Bassist Pawel Czekala will vorerst in Trier bleiben, auch wenn er nach Ende der Theatersaison 2014/15 nicht mehr auf die Trierer Bühne zurückkehren wird. Im Rahmen der TV-Serie "Tschüss, Theater Trier", in der sich Publikumslieblinge wie Czekala von ihrer langjährigen Wirkungsstätte verabschieden, spricht er über seine Lieblingsrollen, schöne Erlebnisse und eine ungewisse berufliche Zukunft.

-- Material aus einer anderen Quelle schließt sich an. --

-- ===== src/Catalog.antt =====
-- internal/table/catalog.go: the catalog of the tables and the manager that keeps tables open. What
-- `OpenTable` gives is an argument, `none` for an error, and so is whether the catalog was saved.
-- Both types hold their mutex for the whole of a method, but that `GetTable` takes it twice.
pub mod Open
use hedgehog_db_opus.Base.{
  ℕ, Bool, true, false, not, Option, none, some, String, List, [], ◌∷◌, map,
}
use hedgehog_db_opus.Base.{string_keys, ◌==◌, if◌then◌else◌}
use hedgehog_db_opus.Base.GoMap.{GoMap, lookup, delete, insert, is_some}

pub record TableMeta : Type 0 where
  pub name : String
  pub created_at : ℕ
  pub item_count : ℕ

pub data CatalogError : Type 0 where
  already_exists not_found save_failed open_failed : CatalogError

-- `Catalog`, less the directory: its tables.
abbrev pub Catalog : Type 0
Catalog = GoMap String TableMeta

-- The error, if any, with the catalog.
unfoldable pub register_table : String → ℕ → Catalog → Option CatalogError × Catalog
register_table name now c =
    if is_some (lookup name c)
    then (some already_exists, c)
    else (none, insert name (record { name = name; created_at = now; item_count = 0 }) c)

unfoldable pub unregister_table : String → Catalog → Option CatalogError × Catalog
unregister_table name c =
    if not (is_some (lookup name c)) then (some not_found, c) else (none, delete name c)

unfoldable pub update_item_count : String → ℕ → Catalog → Catalog
update_item_count name count c = elim (lookup name c) [
  | none ↦ c
  | some meta ↦
      insert name (record { name = meta.name; created_at = meta.created_at; item_count = count }) c
]

abbrev pub list_tables : Catalog → List TableMeta
list_tables c = map (λ (e : String × TableMeta). e.1) c

module _ (Table : Type 0) where
  pub record TableManager : Type 0 where
    pub catalog : Catalog
    pub tables : GoMap String Table

  -- The result of a method that gives a table.
  pub data TableResult : Type 0 where
    got_table : Table → TableResult
    failed : CatalogError → TableResult

  -- The last step of `GetTable` and `CreateTable`.
  abbrev pub keep_open : String → Option Table → TableManager → TableResult × TableManager
  keep_open name none tm = (failed open_failed, tm)
  keep_open name (some t) tm =
      (got_table t, record { catalog = tm.catalog; tables = insert name t tm.tables })

  unfoldable pub manager_get_table :
      String → Option Table → TableManager → TableResult × TableManager
  manager_get_table name open_table tm = elim (lookup name tm.tables) [
    | some t ↦ (got_table t, tm)
    | none ↦
        if not (is_some (lookup name tm.catalog))
        then (failed not_found, tm)
        else keep_open name open_table tm
  ]

  unfoldable pub manager_create_table :
      String → ℕ → Bool → Option Table → TableManager → TableResult × TableManager
  manager_create_table name now saved open_table tm =
      let (e, c) = register_table name now tm.catalog in
      elim e [
        | some err ↦ (failed err, tm)
        | none ↦
            if not saved
            then (failed save_failed, record { catalog = c; tables = tm.tables })
            else keep_open name open_table (record { catalog = c; tables = tm.tables })
      ]

  -- The error, if any, with the manager. The table is closed first.
  unfoldable pub manager_delete_table :
      String → Bool → TableManager → Option CatalogError × TableManager
  manager_delete_table name saved tm =
      let (e, c) = unregister_table name tm.catalog in
      (
        elim e [ some err ↦ some err | none ↦ if saved then none else some save_failed ],
        record { catalog = c; tables = delete name tm.tables },
      )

Trier. Sänger Pawel Czekala ist einer von vielen Künstlern, die das Theater Trier zum Ende der Spielzeit 2014/2015 verlassen mussten, weil ihre Verträge nicht verlängert wurden. Seit 2007 stand Czekala am Augustinerhof auf der Bühne; zunächst als Gast, doch die Festanstellung ließ nicht lange auf sich warten. Die Kritiker überzeugte der Sänger mit seinem warmen, wohlklingenden Bass, die Zuschauer mit seinem facettenreichen Spiel. Zum Beispiel als Vater Tewje in "Fiddler on the Roof" oder als Mörder Sparafucile in "Rigoletto".
Den neuen Intendanten Karl Sibelius konnte der Sänger zwar nicht von sich überzeugen, der Stadt Trier will er aber dennoch treu bleiben. Mit TV-Redaktionsmitglied Stefanie Braun hat Pawel Czekala über seine schönsten Erinnerungen an die Moselstadt und seine Pläne für die Zukunft gesprochen.

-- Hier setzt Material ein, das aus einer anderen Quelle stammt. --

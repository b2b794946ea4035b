-- ===== src/Greeter/Update/Depth.antt =====
-- `update` of src/app/mod.rs ends: it calls itself once at most.
use genkan.Prelude.{
  ℕ, suc, Bool, true, false, Option, none, some, List, [], ◌≡◌, refl, get_elem?, if◌then◌else◌,
}
use genkan.Greeter.State.{
  App, Message, PowerState, idle, confirming, executing, Navigation, next, previous, direction_next,
  direction_previous, activate, Target, Session, Step, navigate_focus, navigate_modal, escape,
  retry_user_selection_cancellation, submit, ask_power, cancel_power, confirm_power, is_confirming,
  can_select_account, Account, close_session_menu,
}
use genkan.Greeter.Update.{
  update_within, update, respond, navigate, activate_account, activate_confirm, activate_target,
  activate_focus, escape_from,
}
use genkan.Greeter.Handlers.{is_cancellation_failed}
use genkan.Greeter.Guards.{allowed}

-- The messages on which `update` does not call itself.
abbrev IsPlain : Message → Type 0
IsPlain (navigate_focus n) = ⊥
IsPlain (navigate_modal n) = ⊥
IsPlain escape = ⊥
IsPlain _ = Unit {0}

both {ℓ} :
    {A : Type ℓ} (b : Bool) {w x y z : A}
    → w ≡ y
    → x ≡ z
    → (if b then w else x) ≡ (if b then y else z)
both true p q = p
both false p q = q

module _ (found : List Session) where
  respond_plain :
      (m : Message) (f g : Message → App → Step) (a : App)
      → IsPlain m
      → respond found f m a ≡ respond found g m a
  unfolding respond
  respond_plain (navigate_focus n) f g a h = absurd h
  respond_plain (navigate_modal n) f g a h = absurd h
  respond_plain escape f g a h = absurd h
  respond_plain _ f g a h = refl

  -- Two functions that do the same on plain messages.
  module _ (f g : Message → App → Step)
      (same : (m : Message) (a : App) → IsPlain m → f m a ≡ g m a) where
    same_account : (o : Option Account) (a : App) → activate_account f o a ≡ activate_account g o a
    unfolding activate_account
    same_account none a = refl
    same_account (some x) a = same (Message.select_account x) a tt

    same_confirm : (p : PowerState) (a : App) → activate_confirm f p a ≡ activate_confirm g p a
    unfolding activate_confirm
    same_confirm idle a = refl
    same_confirm (confirming x) a = same (confirm_power x) a tt
    same_confirm (executing x) a = refl

    same_target : (t : Target) (a : App) → activate_target f t a ≡ activate_target g t a
    unfolding activate_target
    same_target (Target.account i) a =
        both (can_select_account a) (same_account (get_elem? a.accounts i) a) refl
    same_target Target.retry_account_selection a =
        both (is_cancellation_failed a.phase) (same retry_user_selection_cancellation a tt)
          (same Message.retry a tt)
    same_target Target.authentication_input a = refl
    same_target Target.submit a = same submit a tt
    same_target Target.retry_authentication a = same Message.retry a tt
    same_target Target.change_user a = same Message.change_user a tt
    same_target Target.session a = refl
    same_target Target.retry_session a = same Message.retry_session a tt
    same_target (Target.power x) a = same (ask_power x) a tt
    same_target Target.dialog_cancel a = same cancel_power a tt
    same_target Target.dialog_confirm a = same_confirm a.power_state a

    same_focus : (t : Option Target) (a : App) → activate_focus f t a ≡ activate_focus g t a
    unfolding activate_focus
    same_focus none a = refl
    same_focus (some t) a = same_target t a

    same_navigate : (n : Navigation) (a : App) → navigate f n a ≡ navigate g n a
    unfolding navigate
    same_navigate next a = refl
    same_navigate previous a = refl
    same_navigate direction_next a = refl
    same_navigate direction_previous a = refl
    same_navigate activate a = same_focus a.focus_target a

    same_respond : (m : Message) (a : App) → respond found f m a ≡ respond found g m a
    unfolding respond escape_from
    same_respond (navigate_focus n) a = same_navigate n (close_session_menu a)
    same_respond (navigate_modal n) a = both (is_confirming a.power_state) (same_navigate n a) refl
    same_respond escape a = both (is_confirming a.power_state) (same cancel_power a tt) refl
    same_respond _ a = refl

  plain :
      (f g : Message → App → Step) (i j : ℕ) (m : Message) (a : App)
      → IsPlain m
      → update_within f (suc i) found m a ≡ update_within g (suc j) found m a
  unfolding update_within
  plain f g i j m a h =
      both (allowed a m) (respond_plain m (update_within f i found) (update_within g j found) a h)
        refl

  -- The calls of `update` by itself end at depth 2, for every message and state: whatever function
  -- would answer the calls beyond a depth of 2 or more, it is not reached, and the result is that
  -- of `update`.
  pub update_within-update :
      (beyond : Message → App → Step) (depth : ℕ) (m : Message) (a : App)
      → update_within beyond (suc (suc depth)) found m a ≡ update found m a
  unfolding update_within update
  update_within-update beyond depth m a =
      let ending : Message → App → Step = λ n b. (b, []) in
      both (allowed a m)
        (same_respond (update_within beyond (suc depth) found) (update_within ending 1 found)
          (plain beyond ending depth 0) m a)
        refl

Herr Czekala, was werden Sie am Theater Trier vermissen?
Pawel Czekala: Ich werde die Arbeit mit den Menschen vermissen. Mit manchen bleibt man zwar in Kontakt, aber es ist nicht mehr dasselbe, wenn man nicht mehr gemeinsam auf der Bühne steht. Oder hinter der Bühne. Durch die Arbeit entstehen Bindungen, beruflicher, aber auch privater Natur. Das geht natürlich zu einem Teil verloren, wenn man weggeht.
Gibt es eine besonders schöne oder besonders verrückte Erinnerung, die Sie im Gedächtnis behalten werden?
Czekala: Verrückt, aber auch wichtig war unser Kampf um den Erhalt des Dreispartenhauses. Dabei hat man auch andere Kollegen vom Theater kennengelernt, die man vorher gar nicht wahrgenommen hatte.
Was war Ihr Lieblingsstück oder Ihre Lieblingsrolle in ihrer Zeit am Theater Trier?
Czekala: Auf jeden Fall "Fiddler on the Roof" vom Anfang meiner Zeit in Trier. Aber es gab noch viele weitere schöne Inszenierungen, in jeder Spielzeit eigentlich mindestens eine. "Die Kluge" und "Die spanische Stunde" waren spannend, "Peter Grimes" und "Der Barbier von Sevilla" waren toll.
Auch "La clemenza di Tito (Titus)" aus der letzten Spielzeit ist zu einem meiner Lieblinge geworden.
Wie haben Sie die Abschiedsspielzeit erlebt?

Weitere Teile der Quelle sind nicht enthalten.